(THE RECORDS begins)

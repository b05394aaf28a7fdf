-- ===== src/Strategy/Engine/Sending.antt =====
-- What the detector makes of the opportunities of a view: the plans it sends and what it counts.
use arb_core.Common.{
  ℕ, ◌+◌, ◌%◌, ◌<◌, ◌≡◌, ◌≢◌, ◌⊎◌, refl, Bool, true, false, none, some, List, [], ◌∷◌, ◌++◌, String,
  Outcome, ok, err, panic, arith, length, inl, inr, leb, Bool-cases, bump, u64_mod, eq_iff, eq_refl,
  if◌then◌else◌,
}
use arb_core.Common.Dict.{find, put, find-put, find-delete}
use arb_core.Decimal.{Decimal, ◌≼◌}
use arb_core.Strategy.Config.{StrategyConfig, StrategyError}
use arb_core.Strategy.Detector.{Opportunity}
use arb_core.Strategy.Planner.{TradePlan, build_trade_plan}
use arb_core.Strategy.Engine.{StrategyEngine, StrategyMetrics, InFlightPlan, count_rejected}
use arb_core.Strategy.Engine.Detector.{
  Verdict, refused, crashed, accepted, vet, register, submit, no_fills, handle_opportunity,
  handle_opportunities, pre_trade_checks, verdict_of, after_checks,
}

-- the opportunities that were sent as plans or rejected
abbrev pub handled : StrategyMetrics → ℕ
handled m = m.plans_submitted + m.plans_rejected

module _ {D : Type 0} where
  accepted-elim :
      (full : Bool) (checks : Outcome (StrategyError D) Bool)
      (t : Outcome (StrategyError D) (TradePlan D)) (plan : TradePlan D)
      → (if full then refused else after_checks checks (verdict_of t)) ≡ accepted plan
      → (full ≡ false) × (checks ≡ ok true) × (t ≡ ok plan)
  accepted-elim true checks t plan h = absurd (ground arith)
  accepted-elim false (ok true) (ok p) plan h = ground arith
  accepted-elim false (ok true) (err b) plan h = absurd (ground arith)
  accepted-elim false (ok true) panic plan h = absurd (ground arith)
  accepted-elim false (ok false) t plan h = absurd (ground arith)
  accepted-elim false (err b) t plan h = absurd (ground arith)
  accepted-elim false panic t plan h = absurd (ground arith)

module _ {D F : Type 0} ⦃d : Decimal D⦄ where
  pub vet-accepted :
      (cfg : StrategyConfig D F) (n : ℕ) (op : Opportunity D) (id : String) (now : ℕ)
      (plan : TradePlan D)
      → vet cfg n op id now ≡ accepted plan
      → (n < cfg.max_concurrent_plans)
        × (pre_trade_checks cfg op ≡ ok true)
        × (build_trade_plan op cfg id now ≡ ok plan)
  unfolding vet
  vet-accepted cfg n op id now plan h =
      let (room, checks, built) =
        accepted-elim (leb cfg.max_concurrent_plans n) (pre_trade_checks cfg op)
          (build_trade_plan op cfg id now) plan h in
      (ground arith, checks, built)

  pre_trade_checks-profit :
      (cfg : StrategyConfig D F) (op : Opportunity D)
      → pre_trade_checks cfg op ≡ ok true
      → ¬ (op.estimated_profit ≼ cfg.limits.min_profit_abs)
  unfolding pre_trade_checks
  pre_trade_checks-profit cfg op h = ground arith

  handle_opportunity-handled :
      (e : StrategyEngine D F) (op : Opportunity D) (id : String) (now : ℕ)
      → (handle_opportunity e op id now).1 ≡ true
      → handled (handle_opportunity e op id now).0.metrics % u64_mod
        ≡ (handled e.metrics + 1) % u64_mod
  unfolding handle_opportunity submit register
  handle_opportunity-handled e op id now h = go (vet e.cfg (length e.inflight) op id now) refl
    where
      go :
          (v : Verdict D)
          → vet e.cfg (length e.inflight) op id now ≡ v
          → handled (handle_opportunity e op id now).0.metrics % u64_mod
            ≡ (handled e.metrics + 1) % u64_mod
      go refused f = rw (f, handle_opportunity) (ground arith)
      go crashed f = absurd (ground arith)
      go (accepted plan) f = rw (f, handle_opportunity) (ground arith)

  -- If the detector does not panic, each opportunity of a view is counted once, as submitted or as
  -- rejected; the counters wrap at 2 ^ 64.
  pub handle_opportunities-handled :
      (e : StrategyEngine D F) (ops : List (Opportunity D)) (i : ℕ) (env : ℕ → String × ℕ)
      → (handle_opportunities e ops i env).1 ≡ true
      → handled (handle_opportunities e ops i env).0.metrics % u64_mod
        ≡ (handled e.metrics + length ops) % u64_mod
  unfolding handle_opportunities
  handle_opportunities-handled e [] i env h = ground arith
  handle_opportunities-handled e (op ∷ ops) i env h =
      let (e', alive) = handle_opportunity e op (env i).0 (env i).1 in
      let step = handle_opportunity-handled e op (env i).0 (env i).1 in
      let rest = handle_opportunities-handled e' ops (i + 1) env in ground (arith, step, rest)

  -- what a new plan is put in flight with
  abbrev pub fresh_entry : StrategyEngine D F → TradePlan D → ℕ → InFlightPlan D
  fresh_entry e plan now = record {
    plan = plan;
    filled = no_fills plan.legs;
    submitted_at = now;
    timeout_ms = e.cfg.order_timeout_ms;
  }

  -- What the engine looks like after it sent `plan` for an opportunity.
  pub record Sent (e : StrategyEngine D F) (op : Opportunity D) (id : String) (now : ℕ)
      (e' : StrategyEngine D F) (plan : TradePlan D) : Type 0 where
    pub built : build_trade_plan op e.cfg id now ≡ ok plan
    pub worth : ¬ (op.estimated_profit ≼ e.cfg.limits.min_profit_abs)
    pub room : length e.inflight < e.cfg.max_concurrent_plans
    pub sent : e'.exec_sent ≡ e.exec_sent ++ (plan ∷ [])
    pub tracked : find e'.inflight plan.id ≡ some (fresh_entry e plan now)
    pub others : (other : String) → other ≢ plan.id → find e'.inflight other ≡ find e.inflight other

  -- What it looks like after an opportunity for which it sent nothing.
  pub record Dropped (e e' : StrategyEngine D F) : Type 0 where
    pub not_sent : e'.exec_sent ≡ e.exec_sent
    pub rejected : e'.metrics.plans_rejected ≡ bump e.metrics.plans_rejected
    pub no_new : (key : String) → find e.inflight key ≡ none → find e'.inflight key ≡ none

  pub accepted-Sent :
      (e : StrategyEngine D F) (op : Opportunity D) (id : String) (now : ℕ) (plan : TradePlan D)
      → vet e.cfg (length e.inflight) op id now ≡ accepted plan
      → e.exec_open ≡ true
      → Sent e op id now (submit (register e plan now) plan) plan
  unfolding submit register
  accepted-Sent e op id now plan h o =
      let (room, checks, built) = vet-accepted e.cfg (length e.inflight) op id now plan h in
      record {
        built = built;
        worth = pre_trade_checks-profit e.cfg op checks;
        room = room;
        sent = ground arith;
        tracked =
            ground (
              arith,
              find-put e.inflight plan.id plan.id (fresh_entry e plan now),
              eq_refl plan.id,
            );
        others = λ other n. ground (
          arith,
          find-put e.inflight plan.id other (fresh_entry e plan now),
          eq_iff other plan.id,
        );
      }

  closed-Dropped :
      (e : StrategyEngine D F) (plan : TradePlan D) (now : ℕ)
      → e.exec_open ≡ false
      → Dropped e (submit (register e plan now) plan)
  unfolding submit register
  closed-Dropped e plan now o = record {
    not_sent = ground arith;
    rejected = ground arith;
    no_new = λ key gone. ground (
      arith,
      find-put e.inflight plan.id key (fresh_entry e plan now),
      find-delete (put e.inflight plan.id (fresh_entry e plan now)) plan.id key,
    );
  }

  -- An opportunity that does not panic the task ends in one of two ways. A plan for it is sent: then
  -- it is what the planner builds, its profit is above the configured minimum, there was room for it,
  -- it is in flight with no fill, the current time and the configured timeout, and the others in
  -- flight are untouched. Or nothing is sent, the rejected counter goes up by one and no plan is
  -- newly in flight.
  pub handle_opportunity-Sent :
      (e e' : StrategyEngine D F) (op : Opportunity D) (id : String) (now : ℕ)
      → handle_opportunity e op id now ≡ (e', true)
      → Dropped e e' ⊎ ((plan : TradePlan D) × Sent e op id now e' plan)
  unfolding handle_opportunity
  handle_opportunity-Sent e e' op id now h = go (vet e.cfg (length e.inflight) op id now) refl
    where
      go :
          (v : Verdict D)
          → vet e.cfg (length e.inflight) op id now ≡ v
          → Dropped e e' ⊎ ((plan : TradePlan D) × Sent e op id now e' plan)
      go refused f =
          let same : e' ≡ count_rejected e = ground arith in
          rw same (inl (record { not_sent = refl; rejected = refl; no_new = λ key g. g }))
      go crashed f = absurd (ground arith)
      go (accepted plan) f =
          let same : e' ≡ submit (register e plan now) plan = ground arith in
          rw same (elim (Bool-cases e.exec_open) [
            | inl o ↦ inr (plan, accepted-Sent e op id now plan f o)
            | inr o ↦ inl (closed-Dropped e plan now o)
          ])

(THE RECORDS ends)

Your reply should be one number: how many lines in the entries above contain the word "where".

6